Finding Available Updates

To find the available updates for a cluster, follow these steps:

  1. Select the cluster for which you want to view the updates and navigate to its details page.
    Note

    If there are any updates to be installed, a notification appears on the top right corner of the page.
  2. On the left side of the page, under Resources, click Updates.
    The Available updates section displays the list of updates to be installed. The Update history section displays the list of installed updates. For information about installing updates, see Installing Available Updates.

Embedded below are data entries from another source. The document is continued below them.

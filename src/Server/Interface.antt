-- ===== src/Server/Interface.antt =====
-- The methods of the class Server (server/inc/Server.hpp) and the definitions that implement them.
use net_pixeld.Prelude.{ℕ, Bool, List, Text}
use net_pixeld.Prelude.Exec.{Exec}
use net_pixeld.Json.{Json}
use net_pixeld.Protocol.{Message}
use net_pixeld.Db.Types.{Db}
use net_pixeld.Server.State.{
  Server, Handler, Pointer, new_server, do_accept, schedule_resource_tick,
}
use net_pixeld.Server.Sessions.{get_session, send_to_client, on_client_disconnect}
use net_pixeld.Server.Messages.{register_handler, on_client_message}
use net_pixeld.Server.Tick.{on_resource_tick}
use net_pixeld.Server.Events.{Event, run, on_accept}

module _ (json : Json) where
  open json use {Value}

  -- The port of the constructor is the environment's; an error code is whether there is an error; a
  -- socket is the session object's.
  pub record ServerClass : Type 0 where
    pub constructs : Db → Server
    pub runs : List Event → Exec Server (Unit {0})
    pub registers_handler : Text → Handler → Server → Server
    pub sends_to_client : ℕ → Message Value → Exec Server (Unit {0})
    pub gets_session : ℕ → Server → Pointer × Server
    pub accepts_next : Server → Server
    pub accepts_one : Bool → Exec Server (Unit {0})
    pub disconnects_client : ℕ → Server → Server
    pub handles_message : ℕ → Message Value → Exec Server (Unit {0})
    pub schedules_tick : Server → Server
    pub ticks : Bool → Exec Server (Unit {0})

  abbrev pub server_class : ServerClass
  server_class = record {
    constructs = new_server;
    runs = run json;
    registers_handler = register_handler;
    sends_to_client = send_to_client json;
    gets_session = get_session;
    accepts_next = do_accept;
    accepts_one = on_accept json;
    disconnects_client = on_client_disconnect;
    handles_message = on_client_message json;
    schedules_tick = schedule_resource_tick;
    ticks = on_resource_tick json;
  }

Installing Available Updates

To install the available updates for a cluster, follow these steps:

  1. Select the cluster for which you want to install the updates and navigate to its details page.
  2. On the left side of the page, under Resources, click Updates. A list of available updates is displayed.
  3. In the Available updates section, click Install against the patch version that you want to update.
  4. In the Install patch dialog box that appears, enter the cluster admin password and click Install.
    After the update is installed, the Cluster information box displays the latest version of the cluster.

Terminating a Cluster

You can terminate any cluster.

Caution

Terminating a cluster deletes the cluster and removes all the data contained in local storage or block storage. This is an irreversible action.

To terminate the cluster:

  1. Open the navigation menu and click Analytics and AI. Under Data Lake, click Big Data Service.
  2. In the left panel, under Compartment, select the compartment that hosts your cluster.
  3. Click the action menu for the cluster you want to terminate and select Terminate Big Data Cluster.
  4. In the Terminate Big Data Cluster dialog box, enter the name of the cluster and click Terminate.